Once again, some amazing western writers will saddle up and head for the Payson Book Festival July 20 at the Mazatzal Casino.

Dee Strickland Johnson

Buckshot Dot, also known as Dee Strickland Johnson, is an Arizona Culturekeeper and “as Arizona as sagebrush, saguaro, and stone logs.” Born in Flagstaff, Dot grew up on the Navajo and Hualapai reservations and at Petrified Forest National Monument.

Later she and her husband “Ol’ Buck” operated a cattle ranch in the Arkansas Ozarks in the 1970s.

Dot has written and illustrated several award-winning books. “Arizona Women: Weird, Wild, and Wonderful” was awarded the Western Music Association’s Cowboy Poetry Book of the Year. A third edition will be available at the Payson Book Festival.

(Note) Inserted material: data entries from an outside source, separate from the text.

-- ===== src/Wallet/Cancelled.antt =====
-- A request of backend/apps/wallet/services.py after its cancellation.
use shortform_streaming.Prelude.{ℕ, ◌≡◌, refl, ◌∙◌, Option, none, some, arith, ==_refl}
use shortform_streaming.Prelude.Int.{ℤ}
use shortform_streaming.Model.{
  UserProfile, Wallet, CoinUnlockCancellation, Environment, Store, Error, ok, err, ◌>>=◌,
}
use shortform_streaming.Accounts.{lock_current_profile}
use shortform_streaming.Wallet.Ledger.{create_cancellation, find_cancellation, wallet_of}
use shortform_streaming.Wallet.Unlocks.{
  UnlockRequest, Resolution, cancelled, profile_cancellation, unlock_episode, find_resolution,
  resolution_of, resolve_unlock,
}
use shortform_streaming.Wallet.Locking.{locking-SameTables, wallet_of-locked, same_current}
use shortform_streaming.Wallet.Runs.{resolve_unlock-ResolveRun}

-- The store after a cancellation of the key `request` under the wallet `w`.
module _ (w : Wallet) (r : UnlockRequest) (mid db' : Store) (c : CoinUnlockCancellation) where
  resolution_stores :
      (o : Option Resolution)
      → find_resolution w.pk r.request_id mid ≡ o
      → resolution_of w r o mid ≡ ok (cancelled c) db'
      → (find_cancellation w.pk r.request_id db' ≡ some c)
        × (db'.profiles ≡ mid.profiles)
        × (db'.deletions ≡ mid.deletions)
        × (db'.wallets ≡ mid.wallets)
  unfolding find_resolution resolution_of create_cancellation find_cancellation ◌>>=◌
  resolution_stores none known h = ground (arith, ==_refl w.pk, ==_refl r.request_id)
  resolution_stores (some x) known h = ground arith

-- A request that was resolved as cancelled never completes: in the store that the resolution left,
-- every unlock of this account under the same key is refused, whatever it asks for and whenever.
pub cancelled_never_completes :
    (env : Environment) (profile : UserProfile) (r : UnlockRequest) (db db' : Store)
    (c : CoinUnlockCancellation) (b : ℤ)
    → resolve_unlock env profile r db ≡ ok (cancelled c, b) db'
    → (now later : ℕ) (r' : UnlockRequest) → r'.request_id ≡ r.request_id
    → unlock_episode env now later profile r' db' ≡ err Error.coin_unavailable
unfolding unlock_episode lock_current_profile profile_cancellation wallet_of ◌>>=◌
cancelled_never_completes env profile r db db' c b h now later r' key =
    let run = resolve_unlock-ResolveRun env profile r db db' (cancelled c) b h in
    let (stored, profiles, deletions, wallets) =
      resolution_stores run.w r run.mid db' c _ refl run.resolved in
    let t = locking-SameTables run.p db run.wallet_locked in
    let cur =
      same_current env profile db db' (profiles ∙ t.same_profiles) (deletions ∙ t.same_deletions)
      ∙ run.current in
    let found = wallet_of-locked run.p db run.wallet_locked in
    ground (arith, cur, found, wallets, stored)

As one of Arizona’s great cowboy singers and poets, Dot was awarded the title of Female Cowboy Poet of the Year by the Academy of Western Artists, and her song, “Old Hank Morgan’s Place” was a finalist for AWA’s Cowboy Song of the Year.

Dot’s ability to hold audiences spellbound could well go back to her experience as a teacher of American history. Incorporating poetry, songs, and costumes of the period made both the teaching and learning exciting and fun.

When asked, “A history book in verse?” Dot replied, “Why not?” So, that’s what she did in her book, “Arizona Herstory.”

Dot’s latest projects include the writing of a children’s book called “The Mystery of Little Nepo” and Woodland Fairy Poems.

“Buckshot Dot,” says State Historian Marshall Trimble, “is one of the most gifted and talented performers I’ve ever had the pleasure of working with.”

Marshall Trimble

Trimble himself is a noted historian, author, folksinger and humorist and has been called the “Will Rogers of Arizona.” He was born in Mesa. Grew up in Ash Fork, a small railroad town along old Route 66, and now makes his home in Scottsdale.

“Ask the average Arizonan to name an Arizona historian,” states Arizona writer Dean Smith, “and he’s most likely to reply, Marshall Trimble. Then ask them to name a cowboy singer, humorist, or a storyteller and they’ll still reply, Marshall Trimble.”

After 40 years of teaching Arizona history at Scottsdale Community College, Trimble said of his retirement in 2014, “The newspapers and social media have written and said a lot about my retirement. It’s true, I did retire, but I haven’t missed a day of work since.”

The Arizona Republic calls him the state’s “most recognizable goodwill ambassador,” appearing on radio, TV and documentaries. He has won numerous honors and awards, and was inducted into the Arizona Music and Entertainment Hall of Fame. His latest book is “Arizona Oddities — Land of Anomalies & Tamales.” The author of 22 books on Arizona and the West, Trimble answers questions about the Old West from readers all over the world in his popular True West Magazine column, “Ask the Marshall.”

Trimble is also one of the July 20 Payson Book Fest’s featured western authors.

Bob Boze Bell

Another strong western writer is Bob Boze Bell, executive editor and co-owner of True West Magazine published in Cave Creek. He joins Buckshot Dot and Trimble as one of the festival’s featured western authors.

Bell is the author of a dozen personally illustrated, groundbreaking books on the history of the West. His subjects include Wyatt Earp, Billy the Kid and Doc Holliday, along with a compilation of Classic Gunfights, Volume III. In addition to his efforts for True West, Bell’s work has appeared in Arizona Highways, Playboy and National Lampoon. His artwork is featured on numerous book covers, and he appears often on the History Channel, Discovery Channel and the Westerns Channel.

Bell is bringing some of his best writers and authors to the Payson Book Festival this year.

You won’t want to miss any of these writers and all the others participating in the Fifth Annual Payson Book Festival from 9 a.m. to 3:30 p.m., Saturday, July 20 at the Mazatzal Hotel & Casino ballroom.